►
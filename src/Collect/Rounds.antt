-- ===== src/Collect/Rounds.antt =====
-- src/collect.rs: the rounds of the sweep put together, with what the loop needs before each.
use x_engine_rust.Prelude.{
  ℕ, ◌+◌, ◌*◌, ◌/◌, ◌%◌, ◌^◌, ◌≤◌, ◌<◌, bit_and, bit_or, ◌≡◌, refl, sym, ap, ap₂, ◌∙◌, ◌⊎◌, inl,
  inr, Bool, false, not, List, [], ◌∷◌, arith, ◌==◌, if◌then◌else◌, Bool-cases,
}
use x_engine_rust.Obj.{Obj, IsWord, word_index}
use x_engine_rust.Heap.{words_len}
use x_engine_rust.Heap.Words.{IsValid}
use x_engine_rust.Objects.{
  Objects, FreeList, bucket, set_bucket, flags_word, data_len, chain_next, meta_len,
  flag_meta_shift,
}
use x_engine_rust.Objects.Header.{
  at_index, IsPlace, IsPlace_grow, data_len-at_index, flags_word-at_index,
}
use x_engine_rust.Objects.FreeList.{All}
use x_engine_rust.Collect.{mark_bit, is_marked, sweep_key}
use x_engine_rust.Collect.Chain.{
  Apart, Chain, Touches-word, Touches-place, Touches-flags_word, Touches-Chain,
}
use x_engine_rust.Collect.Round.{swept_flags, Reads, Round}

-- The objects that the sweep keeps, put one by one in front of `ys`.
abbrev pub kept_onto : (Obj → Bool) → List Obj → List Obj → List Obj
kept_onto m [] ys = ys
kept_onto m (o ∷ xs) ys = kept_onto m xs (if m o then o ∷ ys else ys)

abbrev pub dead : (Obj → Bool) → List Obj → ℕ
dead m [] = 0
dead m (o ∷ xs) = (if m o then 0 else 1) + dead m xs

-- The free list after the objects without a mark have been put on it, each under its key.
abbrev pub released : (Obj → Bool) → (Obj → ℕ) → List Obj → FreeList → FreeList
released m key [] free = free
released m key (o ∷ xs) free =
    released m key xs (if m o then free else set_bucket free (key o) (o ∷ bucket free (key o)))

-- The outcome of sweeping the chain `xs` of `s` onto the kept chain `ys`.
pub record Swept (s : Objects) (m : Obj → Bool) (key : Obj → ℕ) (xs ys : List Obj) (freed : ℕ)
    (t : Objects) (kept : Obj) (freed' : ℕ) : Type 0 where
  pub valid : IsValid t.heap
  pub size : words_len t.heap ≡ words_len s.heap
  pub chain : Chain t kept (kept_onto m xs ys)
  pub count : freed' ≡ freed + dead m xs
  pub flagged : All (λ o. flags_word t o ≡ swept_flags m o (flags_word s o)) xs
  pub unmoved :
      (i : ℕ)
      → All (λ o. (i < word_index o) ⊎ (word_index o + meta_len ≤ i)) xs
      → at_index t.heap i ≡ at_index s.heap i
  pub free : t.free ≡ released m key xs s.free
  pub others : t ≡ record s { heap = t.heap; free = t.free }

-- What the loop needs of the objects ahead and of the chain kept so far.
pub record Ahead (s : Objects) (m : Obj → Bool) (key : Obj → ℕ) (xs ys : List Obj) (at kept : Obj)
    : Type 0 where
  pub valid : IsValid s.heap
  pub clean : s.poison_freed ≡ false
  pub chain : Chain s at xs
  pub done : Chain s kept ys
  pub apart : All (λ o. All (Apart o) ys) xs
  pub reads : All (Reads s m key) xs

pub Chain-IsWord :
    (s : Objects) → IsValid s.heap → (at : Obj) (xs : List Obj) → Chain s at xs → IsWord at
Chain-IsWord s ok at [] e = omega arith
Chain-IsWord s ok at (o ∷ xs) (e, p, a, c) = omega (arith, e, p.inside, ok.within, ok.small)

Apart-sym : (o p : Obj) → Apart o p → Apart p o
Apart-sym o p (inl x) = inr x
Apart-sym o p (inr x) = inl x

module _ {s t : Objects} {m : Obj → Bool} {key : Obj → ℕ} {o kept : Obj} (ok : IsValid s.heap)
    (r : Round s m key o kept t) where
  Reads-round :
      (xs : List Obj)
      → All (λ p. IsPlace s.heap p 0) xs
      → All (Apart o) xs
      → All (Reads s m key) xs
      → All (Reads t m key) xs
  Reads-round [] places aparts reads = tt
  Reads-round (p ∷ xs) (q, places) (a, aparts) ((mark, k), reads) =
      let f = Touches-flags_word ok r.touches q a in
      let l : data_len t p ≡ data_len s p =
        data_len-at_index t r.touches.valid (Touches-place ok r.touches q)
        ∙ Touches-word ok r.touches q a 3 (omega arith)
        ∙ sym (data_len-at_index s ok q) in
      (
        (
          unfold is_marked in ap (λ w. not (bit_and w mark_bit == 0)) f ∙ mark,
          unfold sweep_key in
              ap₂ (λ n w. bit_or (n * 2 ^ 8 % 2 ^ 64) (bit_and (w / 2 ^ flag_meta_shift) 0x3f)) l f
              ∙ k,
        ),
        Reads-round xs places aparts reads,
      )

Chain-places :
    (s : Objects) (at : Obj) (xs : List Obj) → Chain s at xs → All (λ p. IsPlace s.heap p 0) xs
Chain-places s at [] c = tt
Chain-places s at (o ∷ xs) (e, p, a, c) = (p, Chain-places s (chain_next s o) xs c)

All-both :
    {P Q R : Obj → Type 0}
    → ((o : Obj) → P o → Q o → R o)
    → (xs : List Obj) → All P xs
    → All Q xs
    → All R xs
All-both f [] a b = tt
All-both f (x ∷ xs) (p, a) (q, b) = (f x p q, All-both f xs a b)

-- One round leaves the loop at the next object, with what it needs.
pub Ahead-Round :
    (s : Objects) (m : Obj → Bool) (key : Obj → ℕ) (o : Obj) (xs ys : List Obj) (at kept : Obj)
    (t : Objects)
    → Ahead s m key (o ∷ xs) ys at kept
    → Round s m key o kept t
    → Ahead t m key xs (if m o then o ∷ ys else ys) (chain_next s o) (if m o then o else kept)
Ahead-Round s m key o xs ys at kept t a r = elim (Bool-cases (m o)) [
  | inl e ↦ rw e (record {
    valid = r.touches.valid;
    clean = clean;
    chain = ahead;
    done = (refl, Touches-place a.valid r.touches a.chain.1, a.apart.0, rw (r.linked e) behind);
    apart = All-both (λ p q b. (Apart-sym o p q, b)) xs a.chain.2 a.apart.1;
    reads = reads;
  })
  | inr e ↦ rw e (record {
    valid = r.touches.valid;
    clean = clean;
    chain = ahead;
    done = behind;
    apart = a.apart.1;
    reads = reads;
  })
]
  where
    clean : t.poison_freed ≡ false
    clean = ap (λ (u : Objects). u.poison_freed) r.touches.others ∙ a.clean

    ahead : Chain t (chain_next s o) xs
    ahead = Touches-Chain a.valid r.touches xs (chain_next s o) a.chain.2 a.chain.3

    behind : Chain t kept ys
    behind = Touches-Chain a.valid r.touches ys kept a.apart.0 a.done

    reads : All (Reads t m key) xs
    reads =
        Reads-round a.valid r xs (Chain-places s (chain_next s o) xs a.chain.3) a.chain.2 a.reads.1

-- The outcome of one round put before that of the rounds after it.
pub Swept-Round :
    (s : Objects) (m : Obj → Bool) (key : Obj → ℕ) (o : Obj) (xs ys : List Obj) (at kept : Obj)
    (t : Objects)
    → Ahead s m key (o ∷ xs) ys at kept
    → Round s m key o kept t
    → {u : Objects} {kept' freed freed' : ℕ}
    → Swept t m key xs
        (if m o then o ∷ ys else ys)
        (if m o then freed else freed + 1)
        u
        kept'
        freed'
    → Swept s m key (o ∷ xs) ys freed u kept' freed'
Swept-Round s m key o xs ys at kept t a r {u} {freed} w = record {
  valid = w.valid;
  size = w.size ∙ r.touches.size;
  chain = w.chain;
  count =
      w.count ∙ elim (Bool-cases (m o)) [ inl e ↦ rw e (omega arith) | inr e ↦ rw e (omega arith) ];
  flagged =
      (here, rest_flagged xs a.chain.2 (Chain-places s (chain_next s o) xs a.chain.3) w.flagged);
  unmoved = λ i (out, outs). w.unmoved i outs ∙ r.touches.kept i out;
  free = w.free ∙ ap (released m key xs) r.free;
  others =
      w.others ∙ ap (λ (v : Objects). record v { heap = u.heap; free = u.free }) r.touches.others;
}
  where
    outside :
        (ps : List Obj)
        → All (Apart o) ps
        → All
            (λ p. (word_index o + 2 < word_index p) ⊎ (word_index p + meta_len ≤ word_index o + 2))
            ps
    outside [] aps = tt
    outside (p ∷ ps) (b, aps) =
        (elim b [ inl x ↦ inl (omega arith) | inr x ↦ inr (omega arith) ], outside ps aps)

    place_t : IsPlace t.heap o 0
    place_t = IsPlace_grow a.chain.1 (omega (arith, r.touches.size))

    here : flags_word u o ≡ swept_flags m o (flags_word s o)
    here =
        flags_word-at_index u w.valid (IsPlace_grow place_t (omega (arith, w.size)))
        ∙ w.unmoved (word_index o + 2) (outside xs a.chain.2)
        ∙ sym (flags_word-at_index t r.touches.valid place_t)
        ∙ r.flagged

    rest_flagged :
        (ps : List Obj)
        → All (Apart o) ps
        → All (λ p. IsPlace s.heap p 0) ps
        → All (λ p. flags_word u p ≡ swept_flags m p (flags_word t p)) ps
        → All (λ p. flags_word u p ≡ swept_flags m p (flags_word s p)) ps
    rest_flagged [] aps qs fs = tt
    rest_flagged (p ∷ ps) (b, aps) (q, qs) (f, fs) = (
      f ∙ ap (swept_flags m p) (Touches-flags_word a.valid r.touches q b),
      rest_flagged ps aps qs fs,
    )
◄
►
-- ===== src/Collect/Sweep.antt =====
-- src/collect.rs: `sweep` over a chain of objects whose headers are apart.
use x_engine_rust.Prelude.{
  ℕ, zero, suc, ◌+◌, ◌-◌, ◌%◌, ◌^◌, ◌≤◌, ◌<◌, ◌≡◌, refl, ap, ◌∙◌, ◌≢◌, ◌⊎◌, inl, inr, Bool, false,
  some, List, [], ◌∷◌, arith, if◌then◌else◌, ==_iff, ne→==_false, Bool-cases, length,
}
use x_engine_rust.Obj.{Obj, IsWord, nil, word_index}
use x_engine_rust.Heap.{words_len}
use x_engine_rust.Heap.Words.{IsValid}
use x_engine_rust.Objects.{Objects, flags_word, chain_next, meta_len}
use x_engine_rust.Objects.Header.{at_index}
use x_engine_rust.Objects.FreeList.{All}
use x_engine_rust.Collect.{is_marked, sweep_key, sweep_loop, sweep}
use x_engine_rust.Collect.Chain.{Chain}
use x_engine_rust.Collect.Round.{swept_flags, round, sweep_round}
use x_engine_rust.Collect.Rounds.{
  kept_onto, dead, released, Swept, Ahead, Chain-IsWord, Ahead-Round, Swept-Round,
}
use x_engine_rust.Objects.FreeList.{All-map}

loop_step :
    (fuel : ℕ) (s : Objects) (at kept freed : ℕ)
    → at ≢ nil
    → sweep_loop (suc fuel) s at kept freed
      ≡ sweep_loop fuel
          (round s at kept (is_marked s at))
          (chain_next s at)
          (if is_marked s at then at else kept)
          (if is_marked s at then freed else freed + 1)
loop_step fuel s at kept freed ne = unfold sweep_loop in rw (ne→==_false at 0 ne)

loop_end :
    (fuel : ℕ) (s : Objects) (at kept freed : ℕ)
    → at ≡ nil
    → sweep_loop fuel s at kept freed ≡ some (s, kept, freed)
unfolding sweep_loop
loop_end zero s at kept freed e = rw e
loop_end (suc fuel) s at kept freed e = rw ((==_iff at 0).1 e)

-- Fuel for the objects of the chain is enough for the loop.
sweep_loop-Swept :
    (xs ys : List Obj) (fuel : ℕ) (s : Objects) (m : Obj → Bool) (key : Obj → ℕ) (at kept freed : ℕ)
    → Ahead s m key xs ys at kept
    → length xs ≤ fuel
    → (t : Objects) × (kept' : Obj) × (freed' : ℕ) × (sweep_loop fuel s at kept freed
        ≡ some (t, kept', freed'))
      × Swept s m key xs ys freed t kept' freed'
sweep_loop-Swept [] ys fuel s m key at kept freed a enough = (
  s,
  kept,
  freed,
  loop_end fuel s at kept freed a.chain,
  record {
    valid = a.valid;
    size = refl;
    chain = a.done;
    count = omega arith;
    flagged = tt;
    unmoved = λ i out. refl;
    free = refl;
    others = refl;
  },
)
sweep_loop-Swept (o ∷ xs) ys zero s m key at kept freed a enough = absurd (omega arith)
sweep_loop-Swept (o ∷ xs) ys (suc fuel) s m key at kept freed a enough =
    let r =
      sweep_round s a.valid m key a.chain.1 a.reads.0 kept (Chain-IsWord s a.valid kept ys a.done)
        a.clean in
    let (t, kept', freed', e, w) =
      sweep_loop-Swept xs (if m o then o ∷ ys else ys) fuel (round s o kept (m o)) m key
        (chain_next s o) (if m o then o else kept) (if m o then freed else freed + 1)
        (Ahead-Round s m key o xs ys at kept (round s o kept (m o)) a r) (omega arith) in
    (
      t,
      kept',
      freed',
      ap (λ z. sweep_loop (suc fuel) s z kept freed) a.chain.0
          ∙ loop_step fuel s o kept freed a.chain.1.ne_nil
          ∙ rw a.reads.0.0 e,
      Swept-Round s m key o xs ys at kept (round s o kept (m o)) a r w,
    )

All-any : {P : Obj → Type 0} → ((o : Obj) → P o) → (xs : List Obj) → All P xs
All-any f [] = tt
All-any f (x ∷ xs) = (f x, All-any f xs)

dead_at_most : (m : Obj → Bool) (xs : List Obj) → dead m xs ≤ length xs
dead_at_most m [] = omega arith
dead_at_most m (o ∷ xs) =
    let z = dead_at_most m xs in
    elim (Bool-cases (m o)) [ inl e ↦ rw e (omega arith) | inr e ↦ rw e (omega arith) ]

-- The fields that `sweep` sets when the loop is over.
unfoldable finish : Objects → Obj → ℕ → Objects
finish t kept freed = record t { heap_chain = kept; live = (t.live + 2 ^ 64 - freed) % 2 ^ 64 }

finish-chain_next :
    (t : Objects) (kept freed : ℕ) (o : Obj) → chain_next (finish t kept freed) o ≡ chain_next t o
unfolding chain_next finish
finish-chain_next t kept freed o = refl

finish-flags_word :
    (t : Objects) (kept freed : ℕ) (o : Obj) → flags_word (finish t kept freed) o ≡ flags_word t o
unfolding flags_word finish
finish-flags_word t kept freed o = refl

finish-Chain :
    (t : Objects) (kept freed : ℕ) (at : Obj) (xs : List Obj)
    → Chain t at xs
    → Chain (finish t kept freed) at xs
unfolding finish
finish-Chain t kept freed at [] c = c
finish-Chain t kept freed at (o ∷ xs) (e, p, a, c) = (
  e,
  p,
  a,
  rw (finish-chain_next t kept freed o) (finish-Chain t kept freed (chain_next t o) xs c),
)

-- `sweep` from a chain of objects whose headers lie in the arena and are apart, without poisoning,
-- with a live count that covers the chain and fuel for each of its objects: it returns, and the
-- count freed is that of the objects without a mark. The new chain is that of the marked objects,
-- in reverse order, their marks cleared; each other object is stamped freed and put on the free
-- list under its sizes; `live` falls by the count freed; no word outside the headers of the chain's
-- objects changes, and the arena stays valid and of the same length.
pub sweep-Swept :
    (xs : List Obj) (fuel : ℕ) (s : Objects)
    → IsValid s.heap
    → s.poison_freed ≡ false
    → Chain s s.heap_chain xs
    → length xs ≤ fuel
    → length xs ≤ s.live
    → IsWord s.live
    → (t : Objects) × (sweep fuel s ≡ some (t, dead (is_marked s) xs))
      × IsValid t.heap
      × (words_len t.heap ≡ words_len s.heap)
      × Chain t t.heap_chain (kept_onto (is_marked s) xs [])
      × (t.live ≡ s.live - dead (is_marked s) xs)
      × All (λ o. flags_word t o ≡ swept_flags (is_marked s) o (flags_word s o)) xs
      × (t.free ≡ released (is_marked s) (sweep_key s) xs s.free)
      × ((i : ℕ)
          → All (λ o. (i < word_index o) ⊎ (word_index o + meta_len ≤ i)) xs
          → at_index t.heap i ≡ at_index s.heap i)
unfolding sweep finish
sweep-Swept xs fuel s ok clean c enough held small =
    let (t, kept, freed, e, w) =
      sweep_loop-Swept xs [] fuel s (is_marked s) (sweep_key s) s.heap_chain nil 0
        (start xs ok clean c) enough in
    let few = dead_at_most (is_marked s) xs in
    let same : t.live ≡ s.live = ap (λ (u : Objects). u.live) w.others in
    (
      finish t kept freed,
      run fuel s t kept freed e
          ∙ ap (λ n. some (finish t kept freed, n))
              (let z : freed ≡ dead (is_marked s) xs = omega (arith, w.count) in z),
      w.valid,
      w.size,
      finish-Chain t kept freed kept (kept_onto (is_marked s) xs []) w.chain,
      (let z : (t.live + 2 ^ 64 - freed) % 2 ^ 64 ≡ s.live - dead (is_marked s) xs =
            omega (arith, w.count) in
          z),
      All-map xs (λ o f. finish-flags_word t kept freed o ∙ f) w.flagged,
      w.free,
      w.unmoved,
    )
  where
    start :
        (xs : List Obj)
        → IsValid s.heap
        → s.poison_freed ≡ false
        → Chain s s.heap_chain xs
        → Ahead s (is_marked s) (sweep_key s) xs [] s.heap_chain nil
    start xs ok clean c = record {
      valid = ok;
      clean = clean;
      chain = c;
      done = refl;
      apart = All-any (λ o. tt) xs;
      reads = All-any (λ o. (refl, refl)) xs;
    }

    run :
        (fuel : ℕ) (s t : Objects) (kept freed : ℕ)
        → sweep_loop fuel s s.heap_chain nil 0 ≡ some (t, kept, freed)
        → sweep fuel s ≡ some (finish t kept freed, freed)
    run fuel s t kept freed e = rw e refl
◄
WHAT THE EXERCISE ASKS:
Set down, from the entries above, exactly the lines from the one with "(fuel : ℕ) (s t" up to and including the one with "run fuel s t kept freed e = rw e refl", and no other lines.

FINAL ANSWER:
        (fuel : ℕ) (s t : Objects) (kept freed : ℕ)
        → sweep_loop fuel s s.heap_chain nil 0 ≡ some (t, kept, freed)
        → sweep fuel s ≡ some (finish t kept freed, freed)
    run fuel s t kept freed e = rw e refl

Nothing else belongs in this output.